Need a little more info. Do you use a bubble wand or an HOB filter?


----------



## Knotty Bitz (Mar 11, 2009)

I have a hang-on filter and heater. No co2 tank or anything like that. The scape is driftwood, the substrate is aquasoil amazonian with a layer of mineralized soil underneath. The tank is moderately planted (not dense, but not sparse either)


----------



## Kubalik (May 24, 2008)

When plants use up the co2 , PH rises.


----------



## TAB (Feb 7, 2009)

could be your water district adds co2 to you water.


----------



## vicky (Feb 18, 2010)

New tank? Either way there are a few things to do to figure out what is happening. 1. Test the pH of your fresh tap water. 2. Put some fresh tap water in a cup or jar with nothing else in it. 3. Put some more tap water in a jar with some of your substrate. 4. Test the pH in 2 and 3 after a few days, and maybe again after a week. 

The pH of water will change with the amount of CO2 in the water, so if your tap water has a high amount of CO2 in it, the pH may seem to change all by itself. Also, your substrate may tend to make the water either more alkaline or more acid. If you have shells, coral, limestone, etc. your pH will tend to rise over time. If you have wood or peat, it may tend to go down. Treating the tap water is not likely to overcome these other influences for very long. If you want a low pH tank, you need to make sure you have no tank substrate or decorations that are raising the pH, you can add a bag of peat to the filter media (this will darken the water as well as lower the pH) or you can start out with RO water and carefully add back what you need. It can be a lot of work. Many municipal water systems add carbonates to the water supply to raise the pH as acidic water can leach lead or copper out of old pipes and cause problems. Overcoming these buffering agents is not always easy. Also, ammonia raises pH - do you have adequate filtration?

I highly recommend choosing fish that are happy with the chemistry of your tap water (except for chlorine and chloramines). If you have your heart set on something that isn't, be prepared for a lot more work, choose your tank decor and substrate very carefully, and use a container (like a clean trash can) to age and treat water for water changes.


----------



## Diana K (Dec 20, 2007)

> My tap water is very basic. But, even when I treat the water, within a few days it rises back up.


'Very Basic'
Probably has high carbonate, measured by the KH test. 
Carbonate is a buffer that tends to stabilize the pH in the higher range, often in the upper 7s into the 8s.

When you add acid the pH drops temporarily, then the buffer takes control of the H+ from the acid, and the pH rises again.

To make a permanent drop in the pH do this:

Set the GH and KH where you want (perhaps about 3-5 German degrees of hardness) by mixing reverse osmosis water and tap water. 
Then add some peat moss. 
Specific method:
Start by buying a gallon of RO or distilled water from the grocery store. Mix perhaps 1 quart of it with some tap water (a cup or 2? A pint or a quart?) you will have to test and find out the right ratio) until the GH and KH read 3-5 degrees. 
You will have perhaps 1-2 quarts of mixed water.
Put about 1/4 cup of peat moss in there. It is OK loose for this test. If this works for you, you will put the peat moss in a nylon stoking in the filter.

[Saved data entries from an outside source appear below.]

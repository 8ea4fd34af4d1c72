-- ===== src/Opcua/Source.antt =====
-- opcua_edge_server/src/data_source.c and data_source_opt.c: what a client's answer points to. Time
-- stamps are left out, and UA_Variant_setScalarCopy finds memory.
use edge_ipc_daemon.Prelude.{
  ℕ, zero, suc, ◌<◌, ◌≡◌, List, [], ◌∷◌, ◌++◌, Option, none, some, if◌then◌else◌, ◌==◌, length,
  get_elem?,
}

abbrev pub num_nodes : ℕ
num_nodes = 9

-- The data pointer of a UA_Variant: into `variant_scalars`, to the heap, or null.
pub data Pointer : Type 0 where
  null : Pointer
  scalar : ℕ → Pointer
  copied : ℕ → Pointer

abbrev pub put : {A : Type 0} → (ℕ → A) → ℕ → A → ℕ → A
put a i v j = if j == i then v else a j

pub record Store (V : Type 0) : Type 0 where
  pub node_values : ℕ → V
  pub variant_scalars : ℕ → V
  pub node_variants : ℕ → Pointer
  pub heap : List V

module _ {V : Type 0} where
  unfoldable pub data_source_set : ℕ → V → Store V → Store V
  data_source_set idx val s = record s { node_values = put s.node_values idx val }

  unfoldable pub data_source_get : ℕ → Store V → V
  data_source_get idx s = s.node_values idx

  -- `cnc_read_callback`: the data pointer of the answer, a copy on the heap.
  unfoldable pub cnc_read_callback : ℕ → Store V → Pointer × Store V
  cnc_read_callback idx s =
      (copied (length s.heap), record s { heap = s.heap ++ s.node_values idx ∷ [] })

  -- `cnc_read_callback_opt`: the pointer that stands in the pool.
  unfoldable pub cnc_read_callback_opt : ℕ → Store V → Pointer × Store V
  cnc_read_callback_opt idx s = (
    s.node_variants idx,
    record s { variant_scalars = put s.variant_scalars idx (s.node_values idx) },
  )

  -- The loop of `data_source_init` in data_source_opt.c; `nil` is 0.0f.
  unfoldable pub data_source_init : V → ℕ → ℕ → Store V → Store V
  data_source_init nil i zero s = s
  data_source_init nil i (suc left) s = data_source_init nil (suc i) left (record s {
    variant_scalars = put s.variant_scalars i nil;
    node_variants = put s.node_variants i (scalar i);
  })

  -- What a pointer leads to.
  unfoldable pub deref : Store V → Pointer → Option V
  deref s null = none
  deref s (scalar i) = some (s.variant_scalars i)
  deref s (copied a) = get_elem? s.heap a

-- A call by the update thread, or by the server for a client.
pub data Access (V : Type 0) : Type 0 where
  sets : ℕ → V → Access V
  reads : ℕ → Access V

module _ {V : Type 0} where
  unfoldable pub access : (ℕ → Store V → Pointer × Store V) → Store V → Access V → Store V
  access callback s (sets idx val) = data_source_set idx val s
  access callback s (reads idx) = (callback idx s).1

  unfoldable pub accesses : (ℕ → Store V → Pointer × Store V) → Store V → List (Access V) → Store V
  accesses callback s [] = s
  accesses callback s (a ∷ more) = accesses callback (access callback s a) more

  -- What an answer of the pool for a node shows in the end: `now` is the value of the node, and
  -- `shown` what the answer shows, which the later reads of the same node change.
  abbrev pub shows : ℕ → V → V → List (Access V) → V
  shows idx now shown [] = shown
  shows idx now shown (sets i val ∷ more) = shows idx (if idx == i then val else now) shown more
  shows idx now shown (reads i ∷ more) = shows idx now (if idx == i then now else shown) more

  -- The pool more `data_source_init` leaves it.
  IsPool : Store V → Type 0
  IsPool s = (i : ℕ) → i < num_nodes → s.node_variants i ≡ scalar i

Test the GH, KH and pH daily or every few days for a week or two. For the first day the pH should drop as the peat moss works, then things should be stable, or may continue to drop slowly.

Note:
Most hatchery raised fish even if they came from soft water are usually fine in harder water unless you are breeding them. 
Wild caught fish or their descendants that have only been ever raised in soft water will need soft water. Cardinal Tetras, for example still get calcium deposits in hard water.

Note I keep saying SOFT water, not low pH. These fish are looking for low GH, KH and TDS (Total Dissolved Solids), pH is much less important.


----------



## Newt (Apr 1, 2004)

Have you tested your tank for ammonia build up?

Substrate causing it?

Tap water has additives to lower pH and these can dissipate once out of the supply system and the pH will rise again. Basic water tells me it normally has a high pH and your additives dissipate.

Add peat to the filter.


----------



## Diana K (Dec 20, 2007)

Tap water usually has additives or treatments that do a couple of different things.
If there are high mineral levels in the source water one goal of treatment is to soften the water. This is not always done, though. 
If the water tends to be neutral or more acidic (lower pH), the other treatment is to make the water more alkaline, higher pH, since low pH is harder on the distribution pipes. 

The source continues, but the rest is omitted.